Return, word for word, the line that contains "malloc_256 : malloc" and every line after it through the end of the records.

## Records shown
+ + +
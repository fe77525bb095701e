-- ===== src/Agent/Action/Once.antt =====
-- The agent's actions: nothing is deleted twice under one attempt.
use sre_agent_gitops.Prelude.{
  Sha256, String, Time, ap, arith, inl, inr, none, refl, ◌∙◌, ◌≡◌, ◌≢◌, ◌⊎◌, ◌∷◌, text_eq,
}
use sre_agent_gitops.Prelude.Method.{Method, Result, continue, err, final, ok, result, ◌>>=◌}
use sre_agent_gitops.Incident.{Incident}
use sre_agent_gitops.Remediation.Attempt.{ActionAttempt}
use sre_agent_gitops.Remediation.Attempt.Store.{attempt_of}
use sre_agent_gitops.Remediation.Verification.{VerificationSubject}
use sre_agent_gitops.Approval.{Plan}
use sre_agent_gitops.Agent.Evidence.{PodEvidence, subject_for_pod}
use sre_agent_gitops.Agent.Memory.{RemediationSnapshot, action_attempted, record_state}
use sre_agent_gitops.Agent.Action.Extending.{
  safe, Safe-lift, Safe-on_memory, Extends, Extends_trans, Grows, Safe,
}
use sre_agent_gitops.Agent.Action.Safety.{
  Safe-complete, Safe-begin_verification, Safe-begin_action_attempt,
}
use sre_agent_gitops.Agent.Action.Resuming.{
  report, recover_plan, approval_granted, found_approval, act, authorize, execute_approved_plan,
  proceed, resume_waiting_approval,
}
use sre_agent_gitops.Agent.Action.{on_memory, coded, ActionAgent, Given, World}
use sre_agent_gitops.Agent.Action.Attempting.{begin_action_attempt}
use sre_agent_gitops.Agent.Action.Beginning.{Begins, begin_Begins, plan_action_key}

-- What carrying out a plan's attempt may change: it deletes the plan's target, or nothing.
pub record Carries (plan : Plan) (w t : World) : Type 0 where
  pub deletions : (t.deletions ≡ w.deletions) ⊎ (t.deletions ≡ plan ∷ w.deletions)
  pub grows : Grows w.attempts t.attempts

-- A deletion of a plan's target: the plan had no attempt before, and has one after.
pub record Deletes (plan : Plan) (w t : World) : Type 0 where
  pub deletions : t.deletions ≡ plan ∷ w.deletions
  pub grows : Grows w.attempts t.attempts
  pub fresh : attempt_of (plan_action_key plan) w.attempts ≡ none
  pub taken : attempt_of (plan_action_key plan) t.attempts ≢ none

module _ (agent : ActionAgent) (sha : Sha256) (given : Given) where
  pub execute_Carries :
      (plan : Plan) (w : World)
      → Carries plan w (final (execute_approved_plan agent sha given plan) w)
  unfolding execute_approved_plan
  execute_Carries plan w = record { deletions = executed; grows = λ k e. ground (arith, kept) }
    where
      kept : (final (execute_approved_plan agent sha given plan) w).attempts ≡ w.attempts
      kept = ground arith

      executed :
          ((final (execute_approved_plan agent sha given plan) w).deletions ≡ w.deletions)
          ⊎ ((final (execute_approved_plan agent sha given plan) w).deletions ≡ plan ∷ w.deletions)
      executed = ground arith

  pub Safe-report :
      (current : Incident) (subject : VerificationSubject) (attempt : ActionAttempt)
      (outcome : Result String Unit)
      → Safe (report agent sha given current subject attempt outcome)
  Safe-report current subject attempt outcome =
      search (safe, Safe-complete, Safe-begin_verification, Safe-lift) depth 8

  act-Carries :
      (current : Incident) (plan : Plan) (subject : VerificationSubject) (attempt : ActionAttempt)
      (w : World)
      → Carries plan w (final (act agent sha given current plan subject attempt) w)
  act-Carries current plan subject attempt w =
      let out = execute_approved_plan agent sha given plan w in
      let first = execute_Carries plan w in
      let rest = (Safe-report current subject attempt out.0).run out.1 in
      record {
        deletions = elim first.deletions [
          | inl e ↦ inl (rest.deletions ∙ e)
          | inr e ↦ inr (rest.deletions ∙ e)
        ];
        grows = λ k e. first.grows k (rest.attempts k e);
      }

  abbrev Effect : Plan → World → World → Type 0
  Effect plan w t = Extends w t ⊎ Deletes plan w t

  Safe-recover_plan :
      (current : Incident) (evidence : PodEvidence)
      → Safe (recover_plan agent sha given current evidence)
  unfolding recover_plan
  Safe-recover_plan current evidence = search (safe) depth 8

  Safe-found : (plan : Plan) → Safe (found_approval agent sha given plan)
  Safe-found plan = record { run = λ w. record { deletions = refl; attempts = λ k e. e } }

  Safe-approval_granted :
      (plan : Plan) (now : Time) → Safe (approval_granted agent sha given plan now)
  unfolding approval_granted
  Safe-approval_granted plan now = search (safe, Safe-found) depth 8

  attempted_Effect :
      (current : Incident) (plan : Plan) (subject : VerificationSubject) (w : World)
      → Effect plan w (
          final
            (begin_action_attempt agent sha given current plan subject
              >>= act agent sha given current plan subject)
            w)
  attempted_Effect current plan subject w =
      go (begin_action_attempt agent sha given current plan subject w)
        ((Safe-begin_action_attempt agent sha given current plan subject).run w)
        (begin_Begins agent sha given current plan subject w)
    where
      go :
          (o : Result String ActionAttempt × World)
          → Extends w o.1
          → ((a : ActionAttempt) → o.0 ≡ ok a → Begins plan w o.1)
          → Effect plan w (continue o (act agent sha given current plan subject)).1
      go (err e, t) x b = inl x
      go (ok a, t) x b =
          let begun = b a refl in
          let c = act-Carries current plan subject a t in
          elim c.deletions [
            | inl e ↦ inl (record {
              deletions = e ∙ x.deletions;
              attempts = λ k d. x.attempts k (c.grows k d);
            })
            | inr e ↦ inr (record {
              deletions = e ∙ ap (λ l. plan ∷ l) x.deletions;
              grows = λ k d. x.attempts k (c.grows k d);
              fresh = begun.fresh;
              taken = λ d. begun.taken (c.grows (plan_action_key plan) d);
            })
          ]

  Effect-after : (plan : Plan) (u v w : World) → Extends u v → Effect plan v w → Effect plan u w
  Effect-after plan u v w x (inl e) = inl (Extends_trans u v w x e)
  Effect-after plan u v w x (inr d) = inr (record {
    deletions = d.deletions ∙ ap (λ l. plan ∷ l) x.deletions;
    grows = λ k e. x.attempts k (d.grows k e);
    fresh = x.attempts (plan_action_key plan) d.fresh;
    taken = d.taken;
  })

  proceed-Effect :
      (id : String) (current : Incident) (evidence : PodEvidence) (target : String) (now : Time)
      (plan : Plan) (w : World)
      → Effect plan w (final (proceed agent sha given id current evidence target now plan) w)
  proceed-Effect id current evidence target now plan w = go (recorded w) (safe_record.run w)
    where
      recorded : Method World String Unit
      recorded = on_memory (coded "REMEDIATION_STATE_RECORD_FAILED") (
          record_state (record {
            kind = action_attempted;
            incident_id = id;
            target_key = target;
            occurred_at = now;
          }))

      safe_record : Safe recorded
      safe_record = Safe-on_memory (coded "REMEDIATION_STATE_RECORD_FAILED") (record_state _)

      go :
          (o : Result String Unit × World)
          → Extends w o.1
          → Effect plan w
              (continue o (λ _.
                begin_action_attempt agent sha given current plan (subject_for_pod evidence)
                >>= act agent sha given current plan (subject_for_pod evidence))).1
      go (err e, t) x = inl x
      go (ok a, t) x =
          Effect-after plan w t _ x (attempted_Effect current plan (subject_for_pod evidence) t)

  pub Safe-authorize :
      (current : Incident) (evidence : PodEvidence) (state : RemediationSnapshot) (now : Time)
      → Safe (authorize agent sha given current evidence state now)
  unfolding authorize
  Safe-authorize current evidence state now =
      search (safe, Safe-recover_plan, Safe-approval_granted) depth 12

  -- Taking up an incident that waits for approval deletes nothing, or the target of one plan: the one
  -- that the checks accepted, which had no attempt before and has one after. No attempt is lost.
  pub resume_cases :
      (id : String) (current : Incident) (evidence : PodEvidence) (state : RemediationSnapshot)
      (target : String) (now : Time) (w : World)
      → let t =
          final (resume_waiting_approval agent sha given id current evidence state target now) w in
        Extends w t
        ⊎ ((plan : Plan) × (result (authorize agent sha given current evidence state now) w
              ≡ ok plan)
            × Deletes plan w t)
  unfolding resume_waiting_approval
  resume_cases id current evidence state target now w =
      go (authorize agent sha given current evidence state now w) refl
        ((Safe-authorize current evidence state now).run w)
    where
      go :
          (o : Result String Plan × World)
          → authorize agent sha given current evidence state now w ≡ o
          → Extends w o.1
          → let t = (continue o (proceed agent sha given id current evidence target now)).1 in
            Extends w t
            ⊎ ((plan : Plan) × (result (authorize agent sha given current evidence state now) w
                  ≡ ok plan)
                × Deletes plan w t)
      go (err e, t) p x = inl x
      go (ok plan, t) p x =
          elim (Effect-after plan w t _ x (proceed-Effect id current evidence target now plan t)) [
            | inl e ↦ inl e
            | inr d ↦ inr (plan, ap (λ o. o.0) p, d)
          ]
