-- ===== src/Kalloc/Tests.antt =====
-- A heap of kernel/mm/kalloc.c with 64 bytes, headers of 3 bytes and alignment 2.
use avrix.Kalloc.Lists.{times}
use avrix.Kalloc.Safety.{starts, allocates, Run-Holds, Run, live_apart}
use avrix.Kalloc.{
  write_prev, reused, search_loop, count_free, kfree, kalloc_init, carve, State, malloc,
  kalloc_get_stats, Block, kalloc, align_size,
}
use avrix.Kalloc.Align.{IsRounded}
use avrix.Kalloc.Alloc.{kalloc_lem, Holds, Allocated}
use avrix.Base.{ℕ, ◌+◌, ◌≤◌, ◌≡◌, refl, ◌⊎◌, inl, none, some, [], ◌∷◌, arith}

abbrev memory : ℕ → Block
memory b = record { next = none; size = 0 }

abbrev boot : State
boot = kalloc_init 64 3 2 memory

-- The state after a call that returned a block.
abbrev first : State
first = carve 64 3 2 6 boot

abbrev second : State
second = carve 64 3 2 10 first

kalloc_5 : kalloc 64 3 2 5 boot ≡ some (some (0 + 3), first)
unfolding kalloc kalloc_init carve search_loop align_size
kalloc_5 = refl

kalloc_9 : kalloc 64 3 2 9 first ≡ some (some (9 + 3), second)
unfolding kalloc kalloc_init carve search_loop align_size
kalloc_9 = refl

two : Run 64 3 2 second (9 ∷ 0 ∷ [])
two = allocates 9 9 (allocates 5 0 (starts memory) kalloc_5) kalloc_9

-- Freed blocks are tried in turn, the last one freed first, until one is large enough.
kalloc_again :
    (h' : State) × (kalloc 64 3 2 9 (kfree 64 3 2 (some 3) (kfree 64 3 2 (some 12) second))
      ≡ some (some 12, h'))
    × (h'.freelist ≡ some 0)
unfolding kalloc kalloc_init carve search_loop align_size kfree reused write_prev
kalloc_again = (_, refl, refl)

live_apart_example :
    (0 + (3 + (second.mem 0).size) ≤ 64)
    × (9 + (3 + (second.mem 9).size) ≤ 64)
    × ((0 + (3 + (second.mem 0).size) ≤ 9) ⊎ (9 + (3 + (second.mem 9).size) ≤ 0))
live_apart_example =
    live_apart 64 3 2 (omega arith) 0 9 two (unfold times in omega arith)
      (unfold times in omega arith) (omega arith)

first-Holds : Holds 64 3 first (0 ∷ [])
first-Holds = Run-Holds 64 3 2 (omega arith) (allocates 5 0 (starts memory) kalloc_5)

kalloc_lem_example :
    (n : ℕ) × IsRounded 2 9 n × Allocated 64 3 first (0 ∷ []) 9 n (kalloc 64 3 2 9 first)
kalloc_lem_example =
    kalloc_lem 64 3 2 (omega arith) first (0 ∷ []) 9 first-Holds (inl refl) (omega arith)

-- The size 255 is rounded to 0, and a block of no bytes is given.
kalloc_255 : kalloc 64 3 2 255 boot ≡ some (some (0 + 3), carve 64 3 2 0 boot)
unfolding kalloc kalloc_init carve search_loop align_size
kalloc_255 = refl

malloc_256 : malloc 64 3 2 256 boot ≡ some (none, boot)
unfolding malloc
malloc_256 = refl

kalloc_get_stats-boot : kalloc_get_stats 65 boot ≡ some boot.stats
unfolding kalloc_get_stats kalloc_init count_free
kalloc_get_stats-boot = refl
+ + +
## Task response
malloc_256 : malloc 64 3 2 256 boot ≡ some (none, boot)
unfolding malloc
malloc_256 = refl

kalloc_get_stats-boot : kalloc_get_stats 65 boot ≡ some boot.stats
unfolding kalloc_get_stats kalloc_init count_free
kalloc_get_stats-boot = refl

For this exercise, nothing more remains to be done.